Leeze Pro – Infos und Preise

Leeze kehrt mit der Pro-Serie zu seinen Wurzeln im Rennsport zurück. Während die bekannte Basic-Serie eher auf Solidität setzt, zielt die Pro-Linie auf maximale Steifigkeit bei geringem Gewicht für explosive Antritte und schnelle Kurven. Vier verschiedene Modelle decken dabei das Spektrum von der klassischen Bergetappe bis zum harten Gravel-Rennen ab. Technisches Highlight ist die Integration der neuen SAPIM CX-Carbon Speichen, die eine deutlich höhere Steifigkeit als herkömmliche Stahlspeichen versprechen.

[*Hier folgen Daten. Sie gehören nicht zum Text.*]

-- ===== src/Registry/Payloads.antt =====
-- runtime/launcher/kernel/ulk_api.c: the texts of the built-in responses.
use universal_launcher.Prelude.{Bytes, codes}

abbrev pub product_payload : Bytes
product_payload =
    codes
      "{\"schema\":\"ulk.command_response.v1\",\"status\":\"ok\",\"payload\":{\"schema\":\"ulk.product.v1\",\"product_id\":\"universal.default\",\"binding_id\":\"external.product_binding\",\"registry_status\":\"empty\",\"models\":{\"install_ref\":\"ulk.install_ref.v1\",\"instance\":\"ulk.instance.v1\",\"profile\":\"ulk.profile.v1\",\"account_ref\":\"ulk.account_ref.v1\",\"artifact_set\":\"ulk.artifact_set.v1\",\"launch_plan\":\"ulk.launch_plan.v1\",\"diagnostic_report\":\"ulk.diagnostic_report.v1\"}},\"error\":null}"

abbrev pub install_refs_payload : Bytes
install_refs_payload =
    codes
      "{\"schema\":\"ulk.command_response.v1\",\"status\":\"ok\",\"payload\":{\"schema\":\"ulk.install_refs.v1\",\"install_refs\":[],\"model\":\"ulk.install_ref.v1\"},\"error\":null}"

abbrev pub install_ref_inspect_payload : Bytes
install_ref_inspect_payload =
    codes
      "{\"schema\":\"ulk.command_response.v1\",\"status\":\"ok\",\"payload\":{\"schema\":\"ulk.install_ref_inspect.v1\",\"status\":\"not_found\",\"install_ref\":null,\"registry_status\":\"empty\",\"diagnostics\":[{\"code\":\"empty_registry\",\"message\":\"no install refs are registered in the minimal universal launcher kernel\"}]},\"error\":null}"

abbrev pub instances_payload : Bytes
instances_payload =
    codes
      "{\"schema\":\"ulk.command_response.v1\",\"status\":\"ok\",\"payload\":{\"schema\":\"ulk.instances.v1\",\"instances\":[],\"model\":\"ulk.instance.v1\"},\"error\":null}"

abbrev pub instance_create_preview_payload : Bytes
instance_create_preview_payload =
    codes
      "{\"schema\":\"ulk.command_response.v1\",\"status\":\"ok\",\"payload\":{\"schema\":\"ulk.instance_create_plan.v1\",\"status\":\"planned\",\"dry_run\":true,\"instance\":null,\"effects\":[\"workspace_write\"],\"execution\":\"requires_product_binding\",\"diagnostics\":[{\"code\":\"preview_only\",\"message\":\"minimal universal launcher can plan instance creation but owns no product-specific instance materialization\"}]},\"error\":null}"

abbrev pub instance_create_execute_refusal_payload : Bytes
instance_create_execute_refusal_payload =
    codes
      "{\"schema\":\"ulk.command_response.v1\",\"status\":\"refused\",\"payload\":{\"schema\":\"ulk.refusal.v1\",\"operation\":\"instance.create\",\"code\":\"product_binding_required\",\"severity\":\"error\",\"message\":\"instance creation requires a product binding and workspace store\",\"retry_possible\":true,\"suggested_next_command\":\"run the product binding instance creation command\"},\"error\":{\"code\":\"product_binding_required\",\"message\":\"instance creation requires a product binding and workspace store\"}}"

abbrev pub profiles_payload : Bytes
profiles_payload =
    codes
      "{\"schema\":\"ulk.command_response.v1\",\"status\":\"ok\",\"payload\":{\"schema\":\"ulk.profiles.v1\",\"profiles\":[],\"model\":\"ulk.profile.v1\"},\"error\":null}"

abbrev pub account_refs_payload : Bytes
account_refs_payload =
    codes
      "{\"schema\":\"ulk.command_response.v1\",\"status\":\"ok\",\"payload\":{\"schema\":\"ulk.account_refs.v1\",\"account_refs\":[],\"model\":\"ulk.account_ref.v1\"},\"error\":null}"

abbrev pub artifact_sets_payload : Bytes
artifact_sets_payload =
    codes
      "{\"schema\":\"ulk.command_response.v1\",\"status\":\"ok\",\"payload\":{\"schema\":\"ulk.artifact_sets.v1\",\"artifact_sets\":[],\"model\":\"ulk.artifact_set.v1\"},\"error\":null}"

abbrev pub launch_plan_dry_run_payload : Bytes
launch_plan_dry_run_payload =
    codes
      "{\"schema\":\"ulk.command_response.v1\",\"status\":\"ok\",\"payload\":{\"schema\":\"ulk.launch_plan.v1\",\"plan_id\":\"ulk.plan.dry_run\",\"dry_run\":true,\"product_id\":\"universal.default\",\"install_ref\":null,\"instance\":null,\"profile\":null,\"account_ref\":null,\"artifact_set\":null,\"argv\":[],\"preflight\":[],\"steps\":[],\"execution\":\"not_started\"},\"error\":null}"

abbrev pub launch_plan_execute_payload : Bytes
launch_plan_execute_payload =
    codes
      "{\"schema\":\"ulk.command_response.v1\",\"status\":\"ok\",\"payload\":{\"schema\":\"ulk.launch_plan.v1\",\"plan_id\":\"ulk.plan.preview\",\"dry_run\":false,\"product_id\":\"universal.default\",\"install_ref\":null,\"instance\":null,\"profile\":null,\"account_ref\":null,\"artifact_set\":null,\"argv\":[],\"preflight\":[],\"steps\":[],\"execution\":\"requires_product_binding\"},\"error\":null}"

abbrev pub diagnostics_payload : Bytes
diagnostics_payload =
    codes
      "{\"schema\":\"ulk.command_response.v1\",\"status\":\"ok\",\"payload\":{\"schema\":\"ulk.diagnostic_report.v1\",\"report_id\":\"ulk.diagnostic.minimal\",\"status\":\"ok\",\"checks\":[{\"id\":\"command_graph\",\"status\":\"ok\"},{\"id\":\"product_registry\",\"status\":\"empty\"},{\"id\":\"setup_mutation\",\"status\":\"not_owned\"}]},\"error\":null}"

abbrev pub instance_create_refusal_message : Bytes
instance_create_refusal_message =
    codes "instance creation requires a product binding and workspace store"

abbrev pub unsupported_payload : Bytes
unsupported_payload =
    codes
      "{\"schema\":\"ulk.command_response.v1\",\"status\":\"unsupported\",\"payload\":null,\"error\":{\"code\":\"unsupported_command\",\"message\":\"Command is not supported by the Universal Launcher command graph\"}}"

abbrev pub unsupported_message : Bytes
unsupported_message = codes "Command is not supported by the Universal Launcher command graph"

abbrev pub invalid_payload : Bytes
invalid_payload =
    codes
      "{\"schema\":\"ulk.command_response.v1\",\"status\":\"invalid_argument\",\"payload\":null,\"error\":{\"code\":\"invalid_argument\",\"message\":\"Universal Launcher command request is invalid\"}}"

abbrev pub invalid_message : Bytes
invalid_message = codes "Universal Launcher command request is invalid"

  • Felgenmaterial T700/T1000 Carbon, Mirror-Gloss-Finish
  • Felgenhöhe 45 mm oder 60 mm
  • Felgenbreite 31 mm bis 35 mm außen, 23 mm bis 28 mm innen
  • Felgentyp Hooked (Road) oder Hookless (Allroad/Gravel)
  • Speichen 18 SAPIM CX-Carbon Speichen pro Laufrad
  • Naben Leeze Pro mit ovalen Speichenbohrungen
  • Gewicht ab 1.160 g (Herstellerangabe)
  • Verfügbarkeit ab sofort
  • www.leeze.de
  • Preis 1.599 €
Leeze Pro Race-Laufräder
# Leeze Pro Race-Laufräder – der Laufrad-Spezialist aus dem Münsterland erweitert sein Portfolio für den Renneinsatz und bringt mit dem CC 45 Pro R, CC 60 Pro R sowie den CH-Varianten AR und GX ein komplettiertes Race-Setup für Straße und Gravel ans Bike. Das High-Performance-Set soll dank innovativer SAPIM CX-Carbon Speichen maximale Steifigkeit bei minimalem Gewicht bieten und lässt sich universell vom Straßenrennen bis zum harten Offroad-Einsatz nutzen. Die Leeze Pro Laufräder sind für 1.599 € zu haben.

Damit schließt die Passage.